Mozilla released Firefox 12, which patches 14 security bugs in the browser and moves it one step closer to matching Chrome in silent updating.
The latest in the line of updates rolling off the Mozilla development line every six weeks since mid-2011, Firefox 12 fixed seven vulnerabilities labeled “critical,” the highest threat ranking in Mozilla’s four-step scoring, four bugs tagged “high” and three pegged “moderate.”
Mozilla also patched 19 other bugs, all critical, in the mobile edition of Firefox, which runs on the Android platform.
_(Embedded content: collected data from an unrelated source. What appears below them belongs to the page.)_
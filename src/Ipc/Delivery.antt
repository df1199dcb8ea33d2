-- ===== src/Ipc/Delivery.antt =====
-- crates/k0-ipc/src/lib.rs: the message registers of a SEND and of a reply.
use k.Base.{ℕ, ◌≤◌, ◌<◌, ◌≡◌, ◌≢◌, refl, sym, ap, ◌∙◌, subst, arith, true, false}
use k.Task.{ready, set_reply_to, is_null, is_blocked_recv, ep_pop}
use k.Sched.{Machine, enqueue, push_ready}
use k.Ipc.{set_x0, reg, deliver, deliver_to, pop_waiter, receiver_waits, send_now, send_on, reply}
use k.Ipc.Sound.{is_running}
use k.Ipc.Safety.{IsSound}

-- From `m` to `n` the message of `src` has come to `dst`, which can run; no register of another task
-- has changed, but perhaps the status of `src`.
pub record Delivered (m n : Machine) (src dst : ℕ) : Type 0 where
  pub message : (i : ℕ) → 2 ≤ i → i ≤ 5 → reg n dst i ≡ reg m src i
  pub status : reg n dst 0 ≡ 0
  pub badge : reg n dst 1 ≡ 0
  pub above : (i : ℕ) → 5 < i → reg n dst i ≡ reg m dst i
  pub woken : (n.tcbs dst).state ≡ ready
  pub others : (q i : ℕ) → q ≢ dst → i ≢ 0 → reg n q i ≡ reg m q i
  pub statuses : (q : ℕ) → q ≢ dst → q ≢ src → reg n q 0 ≡ reg m q 0

receiver_other :
    {m : Machine} (ep : ℕ)
    → IsSound m
    → receiver_waits m ep ≡ true
    → m.sched.current ≢ (m.eps ep).head
receiver_other {m} ep (a, r, s) waits e =
    let h = (m.eps ep).head in
    let state : is_blocked_recv (m.tcbs h).state ≡ true = ground arith in
    let same : is_blocked_recv (a.tcbs h).state ≡ true =
      ap is_blocked_recv (sym (r.tasks h).state) ∙ state in
    let runs : is_running (a.tcbs a.current).state ≡ true =
      ground (arith, s.only_current a.current) in
    let here : is_running (a.tcbs h).state ≡ true =
      subst (λ q. is_running (a.tcbs q).state ≡ true) (sym r.current ∙ e) runs in
    ground arith

enqueue-reg : (m : Machine) (p q i : ℕ) → reg (enqueue m p) q i ≡ reg m q i
unfolding enqueue push_ready
enqueue-reg m p q i = ground arith

enqueue-state : (m : Machine) (p : ℕ) → ((enqueue m p).tcbs p).state ≡ ready
unfolding enqueue push_ready
enqueue-state m p = ground arith

pop_waiter-reg : (m : Machine) (ep q i : ℕ) → reg (pop_waiter m ep).0 q i ≡ reg m q i
unfolding pop_waiter ep_pop
pop_waiter-reg m ep q i = ground arith

pop_waiter-head : (m : Machine) (ep : ℕ) → (pop_waiter m ep).1 ≡ (m.eps ep).head
unfolding pop_waiter ep_pop
pop_waiter-head m ep = ground arith

-- The registers after `deliver` into `dst`, which is then made ready, from a machine with the
-- registers of `m`.
module _ (m b : Machine) (src dst : ℕ) (same : (q i : ℕ) → reg b q i ≡ reg m q i) where
  handed-Delivered : Delivered m (enqueue (deliver_to b src dst) dst) src dst
  unfolding deliver_to deliver
  handed-Delivered =
      let n = deliver_to b src dst in
      record {
        message = λ i lo hi. enqueue-reg n dst dst i ∙ ground (arith, same src i);
        status = enqueue-reg n dst dst 0 ∙ ground arith;
        badge = enqueue-reg n dst dst 1 ∙ ground arith;
        above = λ i hi. enqueue-reg n dst dst i ∙ ground (arith, same dst i);
        woken = enqueue-state n dst;
        others = λ q i ne nz. enqueue-reg n dst q i ∙ ground (arith, same q i);
        statuses = λ q ne ns. enqueue-reg n dst q 0 ∙ ground (arith, same q 0);
      }

-- To be handed a message gives nobody a right to reply.
enqueue-reply_to :
    (m : Machine) (p : ℕ)
    → ((enqueue m p).tcbs (enqueue m p).sched.current).reply_to ≡ (m.tcbs m.sched.current).reply_to
unfolding enqueue push_ready
enqueue-reply_to m p = ground arith

handed-spent :
    (b : Machine) (src dst : ℕ)
    → (b.tcbs b.sched.current).reply_to ≡ 0
    → let n = enqueue (deliver_to b src dst) dst in is_null (n.tcbs n.sched.current).reply_to ≡ true
unfolding deliver_to
handed-spent b src dst none =
    ap is_null {y = 0} (enqueue-reply_to (deliver_to b src dst) dst ∙ ground arith)

-- Status 0 for the sender changes nothing else.
set_x0-Delivered :
    (m n : Machine) (src dst : ℕ)
    → src ≢ dst
    → Delivered m n src dst
    → Delivered m (set_x0 n src 0) src dst
set_x0-Delivered m n src dst other d = record {
  message = λ i lo hi. ground (arith, d.message i);
  status = ground (arith, d.status);
  badge = ground (arith, d.badge);
  above = λ i hi. ground (arith, d.above i);
  woken = ground (arith, d.woken);
  others = λ q i ne nz. ground (arith, d.others q i);
  statuses = λ q ne ns. ground (arith, d.statuses q);
}

-- SEND by the current task to a receiver that waits puts `x2` to `x5` into the registers of the
-- receiver that has waited longest, with status and badge 0, and makes it ready; the sender reads
-- status 0, runs on, and no other register changes.
pub send_on-Delivered :
    (m : Machine) (ep : ℕ)
    → IsSound m
    → receiver_waits m ep ≡ true
    → let ctx = m.sched.current in
      Delivered m (send_on m ctx ep).0 ctx (m.eps ep).head
      × (reg (send_on m ctx ep).0 ctx 0 ≡ 0)
      × ((send_on m ctx ep).1 ≡ true)
unfolding send_on send_now
send_on-Delivered m ep sound waits =
    let ctx = m.sched.current in
    let dst = (m.eps ep).head in
    let popped = (pop_waiter m ep).0 in
    rw (waits, pop_waiter-head m ep)
      (
        set_x0-Delivered m (enqueue (deliver_to popped ctx dst) dst) ctx dst
            (receiver_other ep sound waits)
            (handed-Delivered m popped ctx dst (pop_waiter-reg m ep)),
        ground arith,
        refl,
      )

-- A reply of the current task puts its `x2` to `x5` into the registers of the caller that it owes
-- one, with status and badge 0, and makes the caller ready. The right to reply is used up: a second
-- reply does nothing.
pub reply-Delivered :
    (m : Machine)
    → let ctx = m.sched.current in
      (m.tcbs ctx).reply_to ≢ 0
      → Delivered m (reply m ctx) ctx (m.tcbs ctx).reply_to
        × (reply (reply m ctx) ctx ≡ reply m ctx)
unfolding reply
reply-Delivered m owes =
    let ctx = m.sched.current in
    let caller = (m.tcbs ctx).reply_to in
    let some_caller : is_null caller ≡ false = ground arith in
    let freed = record m { tcbs = set_reply_to m.tcbs ctx 0 } in
    rw some_caller (
      handed-Delivered m freed ctx caller (λ q i. ground arith),
      rw (handed-spent freed ctx caller (ground arith)) refl,
    )
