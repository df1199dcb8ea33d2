-- ===== src/Examples/Tasks.antt =====
-- Four tasks: 1 runs and owes 4 a reply, 2 waits for a message at the endpoint 9, 3 is ready.
use k.Base.{ℕ, ◌+◌, refl, arith, ◌==◌, if◌then◌else◌, Bool-cases, inl, inr, [], ◌∷◌}
use k.Cap.{empty}
use k.Task.{Context, Tcb, Tcbs, TaskState, ready, running, blocked_recv, blocked_reply, zero_tcb}
use k.Sched.{Machine}
use k.Sched.Spec.{Spec, Rep}
use k.Ipc.Sound.{Sound}

abbrev message : Context
message = record { x = λ i. i + 40; sp = 0x8000; elr = 0x4000; spsr = 0; tpidr = 0; tpidrro = 0 }

abbrev task : TaskState → (reply_to : ℕ) → Tcb
task s r = record { ctx = message; ttbr0_pa = 0x1000; state = s; next = 0; reply_to = r }

abbrev four : Tcbs
four p =
    if p == 1
    then task running 4
    else if p == 2
    then task blocked_recv 0
    else if p == 3
    then task ready 0
    else if p == 4
    then task blocked_reply 0
    else zero_tcb

abbrev pub machine : Machine
machine = record {
  tcbs = four;
  eps = λ ep. if ep == 9 then record { head = 2; tail = 2 } else record { head = 0; tail = 0 };
  sched = record { current = 1; head = 3; tail = 3 };
  cnode = record { slots = λ _. empty; used = 0 };
  context = 1;
  ttbr0 = 0x1000;
}

abbrev pub lists : Spec
lists = record {
  tcbs = four;
  ready = 3 ∷ [];
  waiting = λ ep. if ep == 9 then 2 ∷ [] else [];
  home = λ p. if p == 2 then 11 else if p == 3 then 1 else 0;
  holder = λ p. if p == 4 then 1 else 0;
  current = 1;
  context = 1;
  ttbr0 = 0x1000;
}

pub machine-Rep : Rep machine lists
machine-Rep = record {
  ready = record { chain = ground arith; last = refl; distinct = ground arith };
  waiting = λ ep. elim (Bool-cases (ep == 9)) [
    | inl same ↦ rw same record { chain = ground arith; last = refl; distinct = ground arith }
    | inr other ↦ rw other record { chain = refl; last = refl; distinct = tt }
  ];
  tasks = λ p. record { ctx = refl; ttbr0_pa = refl; state = refl; reply_to = refl };
  in_ready = λ p. ground arith;
  in_waiting = λ ep p. ground arith;
  current = refl;
  context = refl;
  ttbr0 = refl;
}

pub lists-Sound : Sound lists
lists-Sound = record {
  tasks = record {
    ready_home = λ p. ground arith;
    waiting_home = λ p. ground arith;
    one_sided = λ p q e l. ground arith;
    owed = λ p ne. ground arith;
    owner = λ p ne. ground arith;
    held = λ p z e. ground arith;
    alive = λ p z e. ground arith;
  };
  current_nonzero = ground arith;
  context = refl;
  only_current = λ p. ground arith;
}
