-- ===== src/Fdt/Builder.antt =====
-- crates/k0-boot/src/fdt/builder.rs: the writer of device tree blobs that the parser's tests use.
use k.Base.{
  length, ℕ, zero, suc, ◌+◌, ◌-◌, ◌*◌, ◌/◌, ◌%◌, ◌^◌, Bool, true, not, ◌&&◌, leb, ◌==◌,
  if◌then◌else◌, List, [], ◌∷◌, ◌++◌, Option, none, some,
}
use k.Base.Bytes.{to_be, bytes_eq}
use k.Fdt.{MemRegion, fdt_magic}
use k.Fdt.Tree.{begin_token, end_node_token, prop_token, nop_token, end_token}

pub record Builder : Type 0 where
  pub rsvmap : List (ℕ × ℕ)
  pub structure : List ℕ
  pub strings : List ℕ
  pub version : ℕ
  pub last_comp_version : ℕ
  pub terminate : Bool

abbrev pub new : Builder
new = record {
  rsvmap = [];
  structure = [];
  strings = [];
  version = 17;
  last_comp_version = 16;
  terminate = true;
}

unfoldable pub memreserve : (base size : ℕ) → Builder → Builder
memreserve base size b = record b { rsvmap = b.rsvmap ++ ((base, size) ∷ []) }

unfoldable pub raw : List ℕ → Builder → Builder
raw bytes b = record b { structure = b.structure ++ bytes }

unfoldable pub token : ℕ → Builder → Builder
unfolding raw
token t b = raw (to_be 4 t) b

unfoldable pub zeros : ℕ → List ℕ
zeros zero = []
zeros (suc n) = 0 ∷ zeros n

-- The zeros that the loop of `pad` pushes until the length is a multiple of 4.
abbrev pub padding : (len : ℕ) → List ℕ
padding len = zeros ((4 - len % 4) % 4)

unfoldable pub pad : Builder → Builder
unfolding raw
pad b = raw (padding (length b.structure)) b

unfoldable pub begin : (name : List ℕ) → Builder → Builder
unfolding raw token pad
begin name b = pad (raw (name ++ (0 ∷ [])) (token begin_token b))

unfoldable pub end : Builder → Builder
unfolding token
end = token end_node_token

unfoldable pub nop : Builder → Builder
unfolding token
nop = token nop_token

-- The loop over `strings.split(|&b| b == 0)`: `word` is what the current piece has so far, in reverse order of
-- arrival at its end, and `off` where it starts. The last piece starts at the end, so it does not count.
unfoldable pub seek_name : (name : List ℕ) → (rest word : List ℕ) → (off : ℕ) → Option ℕ
seek_name name [] word off = if bytes_eq word name && not (length word == 0) then some off else none
seek_name name (b ∷ bs) word off =
    let next = seek_name name bs [] (off + length word + 1) in
    let more = seek_name name bs (word ++ (b ∷ [])) off in
    if b == 0 then (if bytes_eq word name then some off else next) else more

-- A new name is put at the end of the strings.
abbrev pub with_name : (name : List ℕ) → Builder → Option ℕ → Builder × ℕ
with_name name b (some off) = (b, off)
with_name name b none = (record b { strings = b.strings ++ (name ++ (0 ∷ [])) }, length b.strings)

unfoldable pub string_offset : (name : List ℕ) → Builder → Builder × ℕ
string_offset name b = with_name name b (seek_name name b.strings [] 0)

unfoldable pub prop_at : (name_off : ℕ) → (value : List ℕ) → Builder → Builder
unfolding raw token pad
prop_at name_off value b =
    pad (raw value (raw (to_be 4 name_off) (raw (to_be 4 (length value)) (token prop_token b))))

unfoldable pub prop : (name value : List ℕ) → Builder → Builder
unfolding string_offset
prop name value b = let (b', off) = string_offset name b in prop_at off value b'

unfoldable pub prop_u32 : (name : List ℕ) → ℕ → Builder → Builder
unfolding prop
prop_u32 name v = prop name (to_be 4 v)

-- The entries of the memreserve block, without the two zeros at its end.
unfoldable pub rsv_bytes : List (ℕ × ℕ) → List ℕ
rsv_bytes [] = []
rsv_bytes ((b, s) ∷ es) = to_be 8 b ++ (to_be 8 s ++ rsv_bytes es)

unfoldable pub words : List ℕ → List ℕ
words [] = []
words (v ∷ vs) = to_be 4 v ++ words vs

unfoldable pub build : Builder → List ℕ
unfolding rsv_bytes words
build b =
    let rsv = rsv_bytes b.rsvmap ++ zeros 16 in
    let st = if b.terminate then b.structure ++ to_be 4 end_token else b.structure in
    let off_rsv : ℕ = 40 in
    let off_struct = off_rsv + length rsv in
    let off_strings = off_struct + length st in
    let total = off_strings + length b.strings in
    words (
      fdt_magic
      ∷ total
      ∷ off_struct
      ∷ off_strings
      ∷ off_rsv
      ∷ b.version
      ∷ b.last_comp_version
      ∷ 0
      ∷ length b.strings
      ∷ length st
      ∷ [])
    ++ (rsv ++ (st ++ b.strings))

-- `push_cells`: the words from the highest down; a word beyond 64 bits is 0.
unfoldable pub cells : (n x : ℕ) → List ℕ
cells zero x = []
cells (suc i) x = to_be 4 (if leb 2 i then 0 else x / 2 ^ (32 * i) % 2 ^ 32) ++ cells i x

unfoldable pub reg : List (ℕ × ℕ) → (addr_cells size_cells : ℕ) → List ℕ
reg [] addr_cells size_cells = []
reg ((b, s) ∷ es) addr_cells size_cells =
    (cells addr_cells b ++ cells size_cells s) ++ reg es addr_cells size_cells

-- What the entries stand for: those of size 0 are left out.
unfoldable pub expected : List (ℕ × ℕ) → List MemRegion
expected [] = []
expected ((b, s) ∷ es) = if s == 0 then expected es else record { base = b; size = s } ∷ expected es
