-- ===== src/Fdt/Board.antt =====
-- crates/k0-boot/src/fdt/builder.rs: Board, which writes the tree of a machine with the calls of Builder.
use k.Base.{
  ℕ, zero, suc, ◌+◌, ◌/◌, ◌%◌, Bool, true, false, ◌&&◌, ◌||◌, ltb, ◌==◌, if◌then◌else◌, List, [],
  ◌∷◌, ◌++◌, Option, none, some,
}
use k.Base.Bytes.{to_be, codes, take}
use k.Fdt.{MemRegion, max_entropy}
use k.Fdt.Builder.{Builder, new, memreserve, begin, end, nop, prop, build, reg, expected}

-- A call of Builder that writes to the tree. `prop_u32` is a call of `prop`.
pub data Call : Type 0 where
  begin_call : (name : List ℕ) → Call
  end_call : Call
  nop_call : Call
  prop_call : (name value : List ℕ) → Call

unfoldable pub perform : Call → Builder → Builder
unfolding begin end nop prop
perform (begin_call name) b = begin name b
perform end_call b = end b
perform nop_call b = nop b
perform (prop_call name value) b = prop name value b

unfoldable pub perform_all : List Call → Builder → Builder
unfolding perform
perform_all [] b = b
perform_all (c ∷ cs) b = perform_all cs (perform c b)

pub record Board : Type 0 where
  pub cells : Option (ℕ × ℕ)
  pub memory : List (List (ℕ × ℕ))
  pub memreserve : List (ℕ × ℕ)
  pub rsv_cells : Option (ℕ × ℕ)
  pub rsv_children : List (Option (List (ℕ × ℕ)))
  pub rng_seed : Option (List ℕ)
  pub kaslr_seed : Option (List ℕ)

abbrev pub unwrap_or : Option (ℕ × ℕ) → ℕ × ℕ → ℕ × ℕ
unwrap_or none d = d
unwrap_or (some c) d = c

abbrev pub root_cells : Board → ℕ × ℕ
root_cells board = unwrap_or board.cells (2, 1)

abbrev pub digit : ℕ → ℕ
digit d = if ltb d 10 then 0x30 + d else 0x57 + d

-- The digits of `n` to a base, of which there are at most 64, before those in `out`.
unfoldable pub digits_to : (fuel radix n : ℕ) → (out : List ℕ) → List ℕ
digits_to zero radix n out = out
digits_to (suc fuel) radix n out =
    let rest = digits_to fuel radix (n / radix) (digit (n % radix) ∷ out) in
    if n / radix == 0 then digit (n % radix) ∷ out else rest

-- `{n:x}` and `{n}`
abbrev pub hex : ℕ → List ℕ
hex n = digits_to 64 16 n []

abbrev pub decimal : ℕ → List ℕ
decimal n = digits_to 64 10 n []

unfoldable pub cells_calls : Option (ℕ × ℕ) → List Call
cells_calls none = []
cells_calls (some (a, s)) =
    prop_call (codes "#address-cells") (to_be 4 a)
    ∷ prop_call (codes "#size-cells") (to_be 4 s)
    ∷ []

unfoldable pub seed_calls : (name : List ℕ) → Option (List ℕ) → List Call
seed_calls name none = []
seed_calls name (some seed) = prop_call name seed ∷ []

abbrev pub is_some : Option (List ℕ) → Bool
is_some none = false
is_some (some s) = true

unfoldable pub chosen_calls : (rng_seed kaslr_seed : Option (List ℕ)) → List Call
unfolding seed_calls
chosen_calls rng_seed kaslr_seed =
    if is_some rng_seed || is_some kaslr_seed
    then begin_call (codes "chosen")
      ∷ (seed_calls (codes "rng-seed") rng_seed
          ++ (prop_call (codes "bootargs") (codes "console=ttyAMA0" ++ (0 ∷ []))
              ∷ (seed_calls (codes "kaslr-seed") kaslr_seed ++ (end_call ∷ []))))
    else []

-- Nodes of an even number carry the base of their first entry in the name.
unfoldable pub memory_name : (i : ℕ) → (entries : List (ℕ × ℕ)) → List ℕ
memory_name i [] = codes "memory"
memory_name i ((base, s) ∷ es) = if i % 2 == 0 then codes "memory@" ++ hex base else codes "memory"

unfoldable pub memory_calls : (addr_cells size_cells i : ℕ) → List (List (ℕ × ℕ)) → List Call
unfolding memory_name
memory_calls ac sc i [] = []
memory_calls ac sc i (entries ∷ nodes) =
    begin_call (memory_name i entries)
    ∷ prop_call (codes "device_type") (codes "memory" ++ (0 ∷ []))
    ∷ prop_call (codes "reg") (reg entries ac sc)
    ∷ end_call
    ∷ memory_calls ac sc (i + 1) nodes

unfoldable pub child_prop : (addr_cells size_cells : ℕ) → Option (List (ℕ × ℕ)) → Call
child_prop rac rsc (some entries) = prop_call (codes "reg") (reg entries rac rsc)
child_prop rac rsc none = prop_call (codes "size") (reg ((0, 0x100000) ∷ []) 0 rsc)

unfoldable pub child_calls :
    (addr_cells size_cells i : ℕ) → List (Option (List (ℕ × ℕ))) → List Call
unfolding child_prop
child_calls rac rsc i [] = []
child_calls rac rsc i (child ∷ children) =
    begin_call (codes "region@" ++ decimal i)
    ∷ child_prop rac rsc child
    ∷ prop_call (codes "no-map") []
    ∷ end_call
    ∷ child_calls rac rsc (i + 1) children

abbrev pub no_reserved : Option (ℕ × ℕ) → List (Option (List (ℕ × ℕ))) → Bool
no_reserved none [] = true
no_reserved none (c ∷ cs) = false
no_reserved (some c) children = false

unfoldable pub reserved_calls :
    (rsv_cells : Option (ℕ × ℕ)) → (root : ℕ × ℕ) → List (Option (List (ℕ × ℕ))) → List Call
unfolding cells_calls child_calls
reserved_calls rsv_cells root children =
    if no_reserved rsv_cells children
    then []
    else let c = unwrap_or rsv_cells root in
      begin_call (codes "reserved-memory")
      ∷ (cells_calls rsv_cells
          ++ (prop_call (codes "ranges") [] ∷ (child_calls c.0 c.1 0 children ++ (end_call ∷ []))))

-- `write`, with the noise that `blob` passes, which is none.
unfoldable pub tree_calls : Board → List Call
unfolding cells_calls chosen_calls memory_calls reserved_calls
tree_calls board =
    let c = root_cells board in
    begin_call []
    ∷ (cells_calls board.cells
        ++ (prop_call (codes "compatible") (codes "linux,dummy-virt" ++ (0 ∷ []))
            ∷ (chosen_calls board.rng_seed board.kaslr_seed
                ++ (memory_calls c.0 c.1 0 board.memory
                    ++ (reserved_calls board.rsv_cells c board.rsv_children ++ (end_call ∷ []))))))

unfoldable pub reserve_all : List (ℕ × ℕ) → Builder → Builder
unfolding memreserve
reserve_all [] b = b
reserve_all ((base, size) ∷ es) b = reserve_all es (memreserve base size b)

unfoldable pub write : Board → Builder → Builder
unfolding tree_calls perform_all reserve_all
write board b = perform_all (tree_calls board) (reserve_all board.memreserve b)

unfoldable pub blob : Board → List ℕ
unfolding write build
blob board = build (write board new)

-- `expected_memory`
unfoldable pub expected_memory : List (List (ℕ × ℕ)) → List MemRegion
unfolding expected
expected_memory [] = []
expected_memory (entries ∷ nodes) = expected entries ++ expected_memory nodes

unfoldable pub until_end : List (ℕ × ℕ) → List (ℕ × ℕ)
until_end [] = []
until_end ((b, s) ∷ es) = if b == 0 && s == 0 then [] else (b, s) ∷ until_end es

unfoldable pub expected_children : List (Option (List (ℕ × ℕ))) → List MemRegion
unfolding expected
expected_children [] = []
expected_children (none ∷ children) = expected_children children
expected_children (some entries ∷ children) = expected entries ++ expected_children children

unfoldable pub expected_reserved : Board → List MemRegion
unfolding expected until_end expected_children
expected_reserved board =
    expected (until_end board.memreserve) ++ expected_children board.rsv_children

abbrev pub seed_bytes : Option (List ℕ) → List ℕ
seed_bytes none = []
seed_bytes (some s) = s

unfoldable pub expected_entropy : Board → List ℕ
expected_entropy board = take max_entropy (seed_bytes board.rng_seed ++ seed_bytes board.kaslr_seed)

unfoldable pub count_from : (n : ℕ) → (i : ℕ) → List ℕ
count_from zero i = []
count_from (suc n) i = i ∷ count_from n (i + 1)

unfoldable pub repeat_byte : (n b : ℕ) → List ℕ
repeat_byte zero b = []
repeat_byte (suc n) b = b ∷ repeat_byte n b

unfoldable pub qemu_virt : Board
unfolding count_from repeat_byte
qemu_virt = record {
  cells = some (2, 2);
  memory = ((0x40000000, 0x20000000) ∷ []) ∷ [];
  memreserve = [];
  rsv_cells = none;
  rsv_children = [];
  rng_seed = some (count_from 32 0);
  kaslr_seed = some (repeat_byte 8 0xA5);
}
Among the 14 desktop vulnerabilities, Mozilla patched three that hackers could use in cross-site scripting (XSS) attacks, one that applied only to Windows Vista and Windows 7 PCs with hardware acceleration disabled and another in image rendering done by the WebGL 3D standard.
Two of the bugs ended up reported by security researchers at rivals Google and Opera Software. The Google engineer also notified Mozilla of all 19 vulnerabilities in the FreeType library that affected the mobile version of the browser.
Unlike Google, Mozilla does not call out bounties it paid to outside researchers for reporting vulnerabilities, even though Mozilla does have a reward program.
Mozilla did not explicitly say all the flaws were exploitable, but instead hedged with its traditional phrasing of, “We presume that with enough effort at least some of these could be exploited to run arbitrary code.”
Eleven of the 14 bugs also ended up patched in Firefox ESR, or Extended Support Release, the longer-lived edition designed for enterprises that don’t want to update workers’ machines every few weeks.
The current version of Firefox ESR is based on Firefox 10, which shipped in December 2011. ESR receives only security updates during its 54-week lifespan. The first iteration of ESR won’t change until November 2012, and will get support with security patches until early February 2013.
Meanwhile, Mozilla updated Thunderbird and SeaMonkey, but they introduced relatively few new features or changes.
In version 12 of the Thunderbird news and email client, the Global Search function now includes extracts of messages in its results, and RSS feed subscription and general feed handling have been improved. Changes in the 2.9 update to the SeaMonkey “all-in-one internet application suite” include adding the ability to resize the File and Move Bookmarks dialogs, fixes for HTML5 videos, and Download Manager improvements that allow users to download URLs pasted from the clipboard.
The updates to Thunderbird and SeaMonkey also remedy 13 vulnerabilities in each of the applications. Six of these are critical and originate in problems related to WebGL, OpenType Sanitizer, font-rendering with Cairo, gfxImageSurface, IBMKeyRange and miscellaneous memory safety hazards. Four of the remaining issues rate as “High” risk, while the three remaining bugs are “Moderate”. Further details of these fixes are in the project’s security advisories.
In the release announcement for Thunderbird, developers also remind users, like Firefox 3.6.x, the legacy 3.1.x branch of the application reached its end of life and that no further updates, including security updates and critical fixes, will be available for the series. All users should upgrade. Those who don’t want to upgrade to Thunderbird 12 can switch to Mozilla’s Extended Support Release (ESR), Thunderbird ESR, which just updated to version 10.0.4.